Today, TPG and Blackstone seem to have followed KKR out of the consortium bidding for the supermarket group, leaving CVC on its own. No wonder the shares are down more than 20p, or nearly 4 per cent, at 540½p by midday. The consortium’s improved proposal yesterday of 582p received a cool reception from the family. FT Alphaville says CVC is prepared to proceed on its own but the prospects of a firm bid by Friday’s deadline don’t look at all good.
Also by the end of this week, KKR and Stefano Pessina should have completed their due diligence on Alliance Boots and be in a position to make a firm offer. And we’ll see how Imperial Tobacco responds to having its improved proposal of €47 a share (up from €45) rejected by Altadis (whose shares are off a bit this morning). The Franco-Spanish group, you can be sure, is doing all it possibly can to flush out a rival bid, perhaps from BAT and/or private equity bidders.
Don’t expect Barclays to bid for ABN Amro this week. Next week looks more likely. And then it’ll be interesting to see if the mooted rival bidder RBS is just making mischief or is serious. Analysts at Merrill Lynch, whose colleagues in investment banking are advisers to RBS, published a note today on the prospects of a joint ABN bid from RBS and their old friends Santander. Such a move, which we think might be more technically tricky than it looks, would be 5 per cent accretive to RBS earnings by 2009 with a return on investment of around 11.5 per cent, Merrill says. FT Alphaville has also got some Merrill research running through an “additional funding option” for Barclays on the deal.

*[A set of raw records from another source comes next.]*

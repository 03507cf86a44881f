-- ===== src/Control/Worker/Authority.antt =====
-- engine/control/worker.ts, executionContext, and the descriptor that prepare checks: the approval
-- under which a runner operates.
pub mod Latest
use forge_ai.Prelude.{
  ℕ, ◌+◌, Bool, true, false, ◌&&◌, not, Option, none, some, List, [], ◌∷◌, ltb, ◌==◌, ◌!=◌,
  if◌then◌else◌, is_some, same_option, find, candidate_changed,
}
use mathlib.Core.Option
use forge_ai.Contracts.Primitives.{iso}
use forge_ai.Contracts.Review.{
  ExecutionReview, execution_review, Subject, Approval, ApprovalContext, Descriptor, Role,
  EnvironmentKind, Decision, is_approve, kind_index, may_approve, validate_approval,
  validate_descriptor, parse_execution,
}
use forge_ai.Contracts.Review
use forge_ai.Jobs.{JobState}
use forge_ai.Control.Tables.{World, JobRow, ProjectRow, Member, ReviewRow, ApprovalRow, SnapshotRow}
use forge_ai.Control.Tx.{
  Environment, Tx, ◌>>=◌, ◌>>◌, return, reject_if, one, lift, read, clock, random_uuid,
}
use forge_ai.Control.State.{scope_of}
use forge_ai.Control.Worker.Inputs.{StageInput}

abbrev pub of_execution : Review.ReviewKind → Bool
of_execution k = kind_index k == 1

-- A review of the job with an approval of the same version and digest.
pub record Approved : Type 0 where
  pub review : ReviewRow
  pub approval : ApprovalRow

abbrev pub approves : ReviewRow → ApprovalRow → Bool
approves r a =
    a.job_id == r.job_id
    && a.state_version == r.state_version
    && same_option r.subject_digest (some a.subject_digest)
    && of_execution a.kind
    && is_approve a.decision

abbrev pub newer : Approved → Option Approved → Option Approved
newer x none = some x
newer x (some y) = if ltb x.review.state_version y.review.state_version then some y else some x

-- `ORDER BY r.state_version DESC LIMIT 1` over the join.
abbrev pub last_approved : ℕ → List ApprovalRow → List ReviewRow → Option Approved
last_approved job approvals [] = none
last_approved job approvals (r ∷ rs) =
    let rest = last_approved job approvals rs in
    if r.job_id == job && of_execution r.kind
    then (elim (find (approves r) approvals) [
      | none ↦ rest
      | some a ↦ newer (record { review = r; approval = a }) rest
    ])
    else rest

-- `worker_actor`: the role of an enabled member.
abbrev pub role_of : ℕ → ℕ → World → Option Role
role_of workspace actor w =
    Option.map (λ (m : Member). m.role)
      (find (λ (m : Member). m.workspace_id == workspace && m.user_id == actor && m.enabled)
        w.members)

abbrev pub proof_approval : JobRow → Approved → Approval
proof_approval j x = record {
  id = x.approval.id;
  scope = scope_of j;
  actor_id = x.approval.actor_id;
  kind = Review.execution;
  subject_digest = x.approval.subject_digest;
  state_version = x.review.state_version;
  decision = x.approval.decision;
  created_at = x.approval.created_at;
  expires_at = x.review.expires_at;
}

abbrev pub proof_context : JobRow → Approved → ProjectRow → Option Role → ℕ → ApprovalContext
proof_context j x p role now = record {
  scope = scope_of j;
  actor_id = x.approval.actor_id;
  current_role = if may_approve role then role else none;
  user_disabled = not (may_approve role);
  state_version = x.review.state_version;
  subject_digest = x.approval.subject_digest;
  base_revision = p.revision;
  base_snapshot_id = p.head_snapshot_id;
  kind = Review.execution;
  now = iso now;
  review_expires_at = x.review.expires_at;
  cancel_requested = is_some j.cancel_requested_at;
  policy_revoked = false;
  template_digest = j.template_digest;
  policy_digest = j.policy_digest;
}

-- The approval that is proved, its context, and its review.
pub record Proof : Type 0 where
  pub approval : Approval
  pub context : ApprovalContext
  pub review : ExecutionReview

abbrev is_preparing : JobState → Bool
is_preparing JobState.preparing_preview = true
is_preparing _ = false

module _ (env : Environment) where
  -- `executionContext`
  unfoldable pub execution_context : JobRow → Tx Proof
  unfolding validate_approval
  execution_context j = do
    x ← one (λ w. last_approved j.id w.approvals w.reviews)
    p ← one (λ w. find (λ (q : ProjectRow). q.id == j.project_id) w.projects)
    role ← read (role_of j.workspace_id x.approval.actor_id)
    now ← clock env
    review ← lift (parse_execution env.hashing x.review.body)
    a ← lift (
        validate_approval env.hashing (proof_approval j x) (execution_review review)
          (proof_context j x p role now))
    snap ← one (λ w.
        find (λ (s : SnapshotRow). same_option (some s.id) j.candidate_snapshot_id) w.snapshots)
    reject_if (review.candidate_digest != snap.manifest_digest) candidate_changed
    return (record {
      approval = proof_approval j x;
      context = proof_context j x p role now;
      review = review;
    })

  unfoldable pub descriptor_for : JobRow → StageInput → Proof → ℕ → ℕ → Descriptor
  descriptor_for j input proof environment database = record {
    scope = scope_of j;
    operation_id = input.operation_id;
    environment_id = environment;
    app_database_id = database;
    kind = if is_preparing j.state then EnvironmentKind.preview else EnvironmentKind.test;
    lease_epoch = input.lease_epoch;
    issued_at = proof.context.now;
    expires_at = iso (proof.context.now.instant + 60000);
    approval_id = proof.approval.id;
    execution_review_digest = env.hashing.subject_hash (execution_review proof.review);
    source_manifest_digest = proof.review.candidate_digest;
    template_digest = j.template_digest;
    image_digest = env.fixture_image;
    command_policy_digest = j.policy_digest;
    resources = proof.review.command_policy.resources;
  }

  -- The operation of a runner, under a descriptor that its approval proves.
  unfoldable pub authorise_runner : JobRow → StageInput → Tx Descriptor
  unfolding execution_context descriptor_for validate_descriptor
  authorise_runner j input = do
    proof ← execution_context j
    environment ← random_uuid env
    database ← random_uuid env
    lift (
        validate_descriptor env.hashing (descriptor_for j input proof environment database)
          (execution_review proof.review) proof.approval proof.context input.lease_epoch)
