-- ===== src/Lib.antt =====
-- A verification library for the kernel of linux 0.01: its scheduler and timer, signals, memory
-- management, formatted output, names, directories, regular files, the buffer cache and pipes, as
-- functions on explicit states, with what makes them correct.
--
-- The parts and their files:
-- - Base: shared names, Boolean tests, arrays as lists, tables as functions, words as bit sets.
-- - Kernel.Task: struct task_struct (include/linux/sched.h) and the globals of kernel/sched.c.
-- - Kernel.Sched: schedule() and do_timer() of kernel/sched.c, event_sync() of kernel/sync.c. A
--   for loop over the task table is a recursion on the rounds left, or a pointwise function where
--   its rounds touch only their own slot. The loop while (1) of schedule() runs on fuel; two
--   rounds are enough if every task has a positive priority and no counter overflows.
-- - Kernel.Signal: sys_signal(), sys_sigaction(), sys_sigprocmask(), sys_sigsuspend(), do_signal()
--   and the frame bounds of deliver_signal() (kernel/process.c), and sys_kill() (kernel/sys.c).
--   The arrays beside task[] are the record Signals.
-- - Kernel.Wait: sys_waitpid() (kernel/process.c), one pass over the table.
-- - Kernel.Fork: sys_fork() (kernel/process.c), its slot, references and page directory; what the
--   memory calls give is an argument.
-- - Kernel.Identity: setuid, setgid, alarm, nice, setpgid, setsid and umask (kernel/sys.c).
-- - Kernel.Format: vsprintf() (kernel/vsprintf.c), on lists of characters. Its loop runs on fuel,
--   the length of the format; num_to_str() on 32, the size of its buffer.
-- - Mm: mm/memory.c. State is the frame map, the swap map, the user page tables, and the contents
--   of frames and slots; Frames is get_free_page()'s scan, free_page() and mem_init(); Swap is the
--   slots and transfers; Reclaim is try_to_free_page(); Space is address spaces,
--   copy_page_tables(), user_addr_ok() and do_no_page(). The bounds of its loops are those of the
--   source: 1024 entries, 64 tasks, 3 passes, 2 rounds, and 32 attempts of get_free_page().
-- - Mm.Heap: malloc() (lib/malloc.c), the heap of the kernel, on 32-bit addresses.
-- - Strings: block, string and character functions of lib/string.c and lib/ctype.c.
-- - Fs.Names: name_eq(), the components of a path and split_path() (fs/namei.c).
-- - Fs.Directory: the search and change of a directory (fs/namei.c) as a list of entries, and what
--   sys_rename() (kernel/sys.c) makes of them. An entry that cannot be read is `none`; whether
--   there is room for another entry is an argument.
-- - Fs.Dcache: the directory cache (fs/namei.c) round these searches and changes.
-- - Fs.Permission: permission() (fs/namei.c), with a mode as a set of bits.
-- - Fs.Namei: namei() (fs/namei.c) with the reference counts that iget() and iput() change. Its
--   loop runs on fuel, the length of the path. What iget() loads is a function of the inode number.
-- - Fs.Bitmap: the zone map and the inode map of a device (fs/bitmap.c), bit by bit, and the
--   release of an inode's zones (fs/inode.c, fs/namei.c).
-- - Fs.Inodes: the inode table (fs/inode.c) in front of the inodes on the disks, 64 slots; a call
--   runs without another task in between, so that i_lock and i_wait are left out.
-- - Fs.Buffers: the buffer cache (fs/buffer.c) in front of the disk, 256 heads with their hash chains
--   and the ring; a call runs without another task in between. What the dirty inodes change of
--   their blocks is an argument of sync_dev(). What a failed transfer leaves is an
--   argument. Store is its use by the file system, and the same calls on an array of blocks.
-- - Fs.Files: file_read() and file_write() (fs/file_dev.c) on the blocks of a device, which they
--   reach through bread(). Their loops run on fuel, the count, since each round takes a byte.
-- - Fs.Calls: the calls on names (kernel/sys.c): sys_chmod(), sys_chown(), sys_access(),
--   sys_utime(), sys_stat(), sys_chdir(), sys_chroot(), sys_mknod(), sys_mkdir(), sys_unlink(),
--   sys_rmdir(), sys_link(), and sys_open() from its namei() on. CallState has the inodes, their
--   i_count (one byte) and the root and pwd of the task; inodes that are freed or emptied are listed. Arguments
--   are what new_inode() and new_block() give and whether a directory has room for another entry.
-- - Fs.Descriptors: sys_close(), sys_dup(), sys_dup2() and dupfd() of sys_fcntl() (kernel/sys.c),
--   iput() as a list of files.
-- - Fs.Pipe: read_pipe() and write_pipe() of fs/pipe.c, wake_up() and sleep_on() of fs/buffer.c. A
--   call that sleeps is a value that says what is left to do.
--
-- The scheduler's functions, the timer's and the signals' share the task record; the reclaimer
-- calls the frames and the swap, and the address spaces call all three. namei() reads components
-- by Fs.Names, searches by Fs.Directory and asks Fs.Permission. The files take their zones from
-- Fs.Bitmap, and what bread() gives them is what Fs.Buffers
-- says. The calls on names go through namei() and change the entries by Fs.Directory.
--
-- Code outside the model: the disk driver is a parameter (Mm.Swap.Disk), and since it sleeps it
-- may return any state; IsQuiet is the hypothesis that transfers succeed and no other task runs
-- meanwhile. file_read(), which fills pages of a program, is a parameter of do_no_page()
-- (ReadExe). The TLB flush, trace messages, switch_to() and the words of a signal frame are left
-- out. In the file system the zones of a directory, the superblock, i_mtime and what sys_stat()
-- copies are not modelled. The rest of fork, exit and execve, the system calls that are not named
-- above, the drivers, the kernel shell and assembly are not modelled either.
pub mod Base
pub mod Kernel
pub mod Mm
pub mod Fs
pub mod Strings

Interesting to see that British Energy today said it had begun proceedings against Credit Suisse over the exercise of the lending banks’ options to acquire the Eggborough power station in Yorkshire in 2010. The dispute dates back five years to when the company was on the verge of collapse and this coal-fired power station didn’t seem very core. Now, with nuclear plants out of action and the price of gas sky-high, British Energy feels differently about things.
The dog of the day, or should I say car crash of the day, is Accident Exchange, which provides replacement vehicles. Its shares halved this morning after issuing a profit warning in which, rather worryingly, it said it was “undertaking a review of the appropriateness of its current financing structure” and might consider an equity fundraising.